Поровну разбил два десятка артельных мужиков и взял с собой на «Делаверди» Игната Суету, которого не переставал хвалить и благодарить за вызволение его из плена губернаторского. Но Устюжинова Ваню брать с собой вначале не хотел, да и сам Иван желаньем не горел плыть вместе с адмиралом, но поскольку Мавра почему-то возжелала быть только на флагманском фрегате, то и нареченный с ней вместе оказался и с адмиралом тож.
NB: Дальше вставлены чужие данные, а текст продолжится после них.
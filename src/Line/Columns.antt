-- ===== src/Line/Columns.antt =====
-- The whole ESP32-CSI-Tool line, where the buffer is large enough.
use esp_csi_rs.Base.{
  ℕ, ◌+◌, ◌-◌, ◌*◌, ◌≤◌, ◌≡◌, refl, sym, ap, ◌∙◌, subst, map, suc, true, false, some, List, [], ◌∷◌,
  ◌++◌, ltb, if-false, leb, if-true, length, length-append, length-take, append_nil, take, All,
  All-append, arith,
}
use mathlib.Core.List.{append_assoc}
use esp_csi_rs.Base.Text.{codes}
use esp_csi_rs.Base.Int.{IsI8, ℤ}
use esp_csi_rs.Decimal.{i8_digits, write_slice}
use esp_csi_rs.Row.{TextRow}
use esp_csi_rs.Line.{
  Column, esp_csi_tool_header, Role, columns_writes, emit_len, format_csi_tool_into, tool_columns,
  write_body,
}
use esp_csi_rs.Line.Array.{i8_digits-short, write_i8_sep-room}
use esp_csi_rs.Line.Bracketed.{
  ReadBack, bracketed, sample_column, sample_texts_read, spaced, spaced-NoComma, spaced-short,
}
use esp_csi_rs.Line.Names.{
  header_columns, header_names, name_text, shown, split-esp_csi_tool_header, take-emit_len,
  tool_columns-header_columns,
}
use esp_csi_rs.Line.Split.{split}
use esp_csi_rs.Line.Texts.{IsColumn, ShowAll}
use esp_csi_rs.Line.Tool.{columns_texts, flatten-append, widths, write_list-flatten}

write_body-room :
    (room body_cap : ℕ) (vs : List ℤ) (out : List ℕ)
    → body_cap ≤ room
    → length out + length vs * 5 ≤ body_cap
    → write_body room body_cap vs out ≡ some (out ++ spaced vs)
unfolding write_body
write_body-room room body_cap [] out below fits = ap some (sym (append_nil out))
write_body-room room body_cap (v ∷ vs) out below fits =
    let next : List ℕ = out ++ (i8_digits v ++ (b' ' ∷ [])) in
    let size = length-append out (i8_digits v ++ (b' ' ∷ [])) in
    let size' = length-append (i8_digits v) (b' ' ∷ []) in
    if-false _ _ (not_ltb body_cap (length out + 5) (omega arith))
    ∙ rw (write_i8_sep-room room v b' ' out (omega arith)) (
        write_body-room room body_cap vs next below (omega (arith, size, size', i8_digits-short v))
        ∙ ap some (simp append_assoc))
  where
    not_ltb : (a b : ℕ) → b ≤ a → ltb a b ≡ false
    not_ltb a b h = ground arith

emit_len-take :
    (cap : ℕ) (row : TextRow) → length (take (emit_len cap row) row.samples) ≡ emit_len cap row
emit_len-take cap row = ground (arith, length-take (emit_len cap row) row.samples)

-- The room that the line asks for at most.
abbrev pub tool_room : Role → ℕ → TextRow → ℕ
tool_room role cap row = widths (header_columns role cap row) + 1 + length (shown cap row) * 5 + 2

line_shows :
    (room : ℕ) (role : Role) (cap : ℕ) (row : TextRow)
    → All IsColumn (tool_columns role cap row)
    → widths (tool_columns role cap row) + 1 + emit_len cap row * 5 + 2 ≤ room
    → let printed = take (emit_len cap row) row.samples in
      (line : List ℕ) × (texts : List (List ℕ)) × (format_csi_tool_into room role cap row
        ≡ some line)
      × (split line ≡ texts ++ (sample_column printed ∷ []))
      × ShowAll (tool_columns role cap row) texts
unfolding format_csi_tool_into write_slice
line_shows room role cap row ok fits =
    let (texts, line, ts) = columns_texts (tool_columns role cap row) ok in
    let printed : List ℤ = take (emit_len cap row) row.samples in
    let count = emit_len-take cap row in
    let head : List ℕ = line ++ (b'[' ∷ []) in
    let size = length-append line (b'[' ∷ []) in
    let size' = length-append head (spaced printed) in
    (
      line ++ sample_column printed,
      texts,
      rw
          (
            write_list-flatten room
                (columns_writes (tool_columns role cap row) ++ (some (codes "[") ∷ [])) head []
                (flatten-append (columns_writes (tool_columns role cap row)) _ line (b'[' ∷ [])
                  ts.text refl)
                (omega (arith, size, ts.short)),
            write_body-room room (room - 2) printed head (omega arith)
                (omega (arith, size, ts.short, count)),
          )
          (if-true {b = leb (length (head ++ spaced printed) + 2) room} _ _
              (le-leb _ _ (omega (arith, size, size', ts.short, count, spaced-short printed)))
            ∙ ap some (simp append_assoc)),
      ts.splits (sample_column printed) (
        omega arith,
        All-append _ (spaced printed) (b']' ∷ 10 ∷ []) (spaced-NoComma printed) (omega arith),
      ),
      ts.shows,
    )
  where
    le-leb : (a b : ℕ) → a ≤ b → leb a b ≡ true
    le-leb a b h = ground arith

ShowAll-length :
    (cs : List Column) (texts : List (List ℕ)) → ShowAll cs texts → length texts ≡ length cs
ShowAll-length [] [] h = refl
ShowAll-length [] (s ∷ ss) h = absurd h
ShowAll-length (c ∷ cs) [] h = absurd h
ShowAll-length (c ∷ cs) (s ∷ ss) h = ap suc (ShowAll-length cs ss h.1)

-- If the numbers of the row are below 2^32, the samples shown are `i8`s, and the buffer has room
-- for its worst case, the ESP32-CSI-Tool formatter does not index out of bounds, and its line
-- splits at the commas into 25 texts and the bracketed samples: under each name of the header
-- line, which splits into the same 25 names and the samples', stands the row's value of that
-- name, 0 for what only a classic chip reports, and as count the number of samples shown, all of
-- them or as many as the cap allows; and the texts in the brackets, each with a space behind it,
-- read back as those samples.
pub format_csi_tool_into_lem :
    (room : ℕ) (role : Role) (cap : ℕ) (row : TextRow)
    → All IsColumn (header_columns role cap row)
    → All IsI8 (shown cap row)
    → tool_room role cap row ≤ room
    → (line : List ℕ) × (texts : List (List ℕ)) × (samples : List (List ℕ)) × (format_csi_tool_into
          room role cap row
        ≡ some line)
      × (split line ≡ texts ++ (bracketed samples ∷ []))
      × (split esp_csi_tool_header
          ≡ map name_text header_names ++ ((codes "CSI_DATA" ++ (10 ∷ [])) ∷ []))
      × (length texts ≡ 25)
      × ShowAll (header_columns role cap row) texts
      × ReadBack (shown cap row) samples
format_csi_tool_into_lem room role cap row ok bytes fits =
    let (samples, column, back) = sample_texts_read (shown cap row) bytes in
    let same_samples : take (emit_len cap row) row.samples ≡ shown cap row =
      take-emit_len cap row in
    let count : emit_len cap row ≡ length (shown cap row) =
      sym (emit_len-take cap row) ∙ ap length same_samples in
    let same : tool_columns role cap row ≡ header_columns role cap row =
      tool_columns-header_columns role cap row row.by_chip refl count in
    let (line, texts, run, parts, shows) =
      line_shows room role cap row (subst (All IsColumn) (sym same) ok)
        (omega (arith, ap widths same, count, fits)) in
    let named : ShowAll (header_columns role cap row) texts =
      subst (λ cs. ShowAll cs texts) same shows in
    (
      line,
      texts,
      samples,
      run,
      parts
          ∙ ap (λ vs. texts ++ (sample_column vs ∷ [])) same_samples
          ∙ ap (λ s. texts ++ (s ∷ [])) column,
      split-esp_csi_tool_header,
      ShowAll-length (header_columns role cap row) texts named,
      named,
      back,
    )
Отплыли при попутном ветре. Мужики, даже острожане бывшие, которые за время плаванья на «Святом Петре» в ремесле морском кой-что начали кумекать, с удовольствием и немалым любопытством приглядывались к фрегатам, на которых плыли. Дивились, как ладно сработаны были корабли, корпус обшит надежно, аккуратно досками дубовыми, а кое-где поверх досок и красной медью листовой, на солнце зеркалом сиявшей, мачты с глубокой смоляной пропиткой, рангоут отчищен и проолифен, весь стоячий и бегучий такелаж мастерски острополен, с надежными узлами, красиво вязанными из линей, канатов новых, неистертых, белых, чистых. Все на палубе покрашено, отчищено, отдраено до блеска. Пушки, покрашенные тоже, парусиной зачехлены. Весь облик кораблей – благородный, гордый, как у холеных, хорошо объезженных, сытых, умных жеребцов породистых, у которых есть хозяин, толк знающий в своем имуществе. Вспомнили мужики свой галиот – ободранный, обшарпанный, некрашеный, с трюмом, в котором не только людей, но и скотину, пожалуй, возить не нужно было, вспомнили и подивились неприхотливости своей, способной получать удовлетворенье от самой малости. Здесь же предложили им каюты с койками висячими, удобными и чистыми. На шестерых каюты. Видно, Гийом де Круассар деньги с Беньёвского взял не за один провоз, а и за удобства. Кроме того, были мужики на французском пищевом пайке, коштуясь припасом корабельным. Каждый день выдавал им провиантмейстер судовой на брата по фунту солонины, по два фунта хлеба печеного, масла коровьего по десять золотников, круп разных, соли, уксуса, по кружке пива двойного и по чарке водки. Еще и овощ кой-какую огородную давали им, и плоды, так что отощать не страшились мужики.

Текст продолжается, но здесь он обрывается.